2. Start small, 25 square feet for example. Find the spot that ideally has sun all year in your yard. If it's shaded part of the year, that's OK too. Avoid the area next to buildings or fences because of possible contamination of the soil by paint, heavy metals or chemicals.
3. Remove whatever debris is covering the soil including rocks larger than a fingernail. If plants already grow there that you want somewhere else, dig them out with the shovel and plant them in the new location.

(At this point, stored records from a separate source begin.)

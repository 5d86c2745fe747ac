-- ===== src/Chain/Tests.antt =====
-- internal/blockchain/block.go at concrete inputs: a child that arrives before its parent.
mod Answered
mod Fed
mod Produced
mod Verified
use custom_consensus.Base.{
  ℕ, ◌+◌, ◌≤◌, ◌<◌, ◌≡◌, refl, true, false, none, Bool, List, [], ◌∷◌, map, length, take, drop,
  Bytes, Text, text_eq, has, get, put, del, hex_encode, is_empty, if◌then◌else◌,
}
use custom_consensus.Base.Int.{ℤ, pos, ltb_ℤ}
use custom_consensus.Chain.{
  Block, Chain, Disk, record_known, move_tip, advances, save_block, save_index, save_tx_index,
  index_txs, record_block, queue_child, pop_children, waiting_for, extends_known, known_height,
  accept_children, accept_block,
}
use custom_consensus.Chain.Cascade.{waiting_count, lists_total, Settles, accept_block-Settles}
use custom_consensus.Chain.Rooted.{AllSound}
use custom_consensus.Chain.Tip.{move_tip_height}
use custom_consensus.Chain.Builder.{next_txs, next_txs_lem}
use custom_consensus.Chain.Subscriber.{tx_bytes}
use custom_consensus.Mempool.{Entry, Pool, entry_of, store_entry}
use custom_consensus.Mempool.Queue.{Represents, find, total, store_entry-Represents}
use custom_consensus.Mempool.Refine.{Goes, swept}
use custom_consensus.Mempool.Bounds.{Limit}
use custom_consensus.Mempool.Refine.Batch.{batch_size}

abbrev pub block_at : ℤ → Bytes → Bytes → Block
block_at height prev hash = record {
  version = pos 1;
  chain_id = [];
  height = height;
  prev_hash = prev;
  timestamp = 0;
  producer_id = [];
  producer_pub = [];
  tx_ids = hash ∷ [];
  txs = [];
  hash = hash;
  signature = [];
  tx_root = [];
  attestations = [];
}

abbrev pub no_files : Disk
no_files = record { blocks = []; index = none; tx_index = none }

abbrev pub new_chain : Chain
new_chain = record {
  tip_height = pos 0;
  tip_hash = [];
  known = [];
  waiting = [];
  tx_index = [];
  has_data_dir = true;
  disk = no_files;
}

abbrev pub first_block : Block
first_block = block_at (pos 1) [] (5 ∷ [])

abbrev second_block : Block
second_block = block_at (pos 2) (5 ∷ []) (6 ∷ [])

-- The second block came first.
abbrev pub early : Chain
early = queue_child new_chain (5 ∷ []) second_block

pub early_count : waiting_count early ≡ 1
unfolding queue_child waiting_for get put lists_total
early_count = refl

pub early_sound : AllSound early
unfolding queue_child
early_sound = tt

abbrev entry : ℕ → Entry
entry n = record { tx_id = n ∷ []; dev_id = 7 ∷ []; seq = pos n; bytes = n ∷ n ∷ n ∷ []; added = 0 }

abbrev pub empty_pool : Pool
empty_pool = record {
  entries = [];
  order = [];
  capacity = 9;
  ttl = 10;
  cap_bytes = 0;
  cur_bytes = 0;
}

abbrev pool_two : Pool
pool_two = store_entry (store_entry empty_pool (entry 1)) (entry 2)

abbrev two : List Entry
two = entry 1 ∷ entry 2 ∷ []

two-Represents : Represents pool_two two
unfolding find total get text_eq
two-Represents =
    store_entry-Represents (store_entry empty_pool (entry 1)) (entry 1 ∷ []) (entry 2)
      (store_entry-Represents empty_pool [] (entry 1)
        (record {
          in_order = refl;
          exact = λ id. refl;
          unique = tt;
          keys = tt;
          count = refl;
          counted = refl;
        })
        refl)
      refl

next_txs_lem_example :
    let (txs, p') = next_txs 1 5 4 pool_two in
    let n = batch_size 5 (length (swept pool_two 1 two)) in
    ((k : ℕ) × (txs ≡ take k (map (λ e. e.bytes) (take n (swept pool_two 1 two)))))
    × Limit 4 (tx_bytes txs)
    × Limit 5 (length txs)
    × Goes pool_two p' (drop n (swept pool_two 1 two))
next_txs_lem_example = next_txs_lem 1 5 4 pool_two two two-Represents
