-- ===== src/Chain/Tests/Verified.antt =====
-- internal/blockchain/block.go, `Verify` and the subscriber at a block with one transaction.
use custom_consensus.Base.{◌≡◌, refl, true, none, some, [], ◌∷◌, text_eq, hex_decode, is_empty}
use custom_consensus.Base.Int.{pos}
use custom_consensus.Merkle.{compute_root, root_loop, at_index}
use custom_consensus.Chain.{Block}
use custom_consensus.Chain.Checks.{
  Libs, verify_block, verify_hashed, hash_for_sign, leaves_of, root_or_empty,
}
use custom_consensus.Chain.Subscriber.{Settings}
use custom_consensus.Chain.Tests.{block_at}

abbrev pub libs : Libs
libs = record {
  sha256 = λ b. b;
  encode = λ b. some (5 ∷ []);
  key_parses = λ k. true;
  signature_ok = λ k h s. true;
  peer_of_key = some;
  valid_tx = λ tx. some true;
}

-- The id is "00".
abbrev pub signed_block : Block
signed_block = record (block_at (pos 1) [] (5 ∷ [])) {
  tx_ids = (48 ∷ 48 ∷ []) ∷ [];
  txs = (1 ∷ []) ∷ [];
  tx_root = 0 ∷ [];
  signature = 9 ∷ [];
}

id_decodes : hex_decode (48 ∷ 48 ∷ []) ≡ some (0 ∷ [])
unfolding hex_decode
id_decodes = refl

pub signed_verifies : verify_block libs signed_block ≡ none
unfolding verify_block verify_hashed hash_for_sign leaves_of root_or_empty compute_root root_loop
    at_index hex_decode text_eq is_empty
signed_verifies = refl

abbrev pub settings : Settings
settings = record {
  libs = libs;
  expected_chain = [];
  leader_ok = none;
  max_txs = 3;
  max_bytes = 9;
  parent_time = λ h. none;
}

4. Cover your gardening area with organic material such as leaves, dried grass and fine plant material from your own or other's non-pesticide sprayed gardens.
5. Get a bucketful of good compost from someone else's garden or crumbly black sweet-smelling soil from under forest trees. Spread this thinly all over your garden. You will be inoculating your soil with all manner of soil organisms, little bugs, worms and other beneficial life forms that are going to do most of the work for you in improving your soil. Water area a little if dry.
6. Use the pick or shovel to mix the top 3 inches of soil and organic material. Burying the organic material any deeper just kills the critters and wastes your energy because there may not be enough oxygen for them further down.
7. Keep the soil damp like a wrung out sponge, not soggy. Once again, you need air in the soil for life.
8. Never walk on your soil. Make a kneeling board out of a small piece of scrap plywood to avoid compacting the soil and use an old cushion to save your knees. Create the minimum width paths to be able to reach across a four foot wide bed from both sides.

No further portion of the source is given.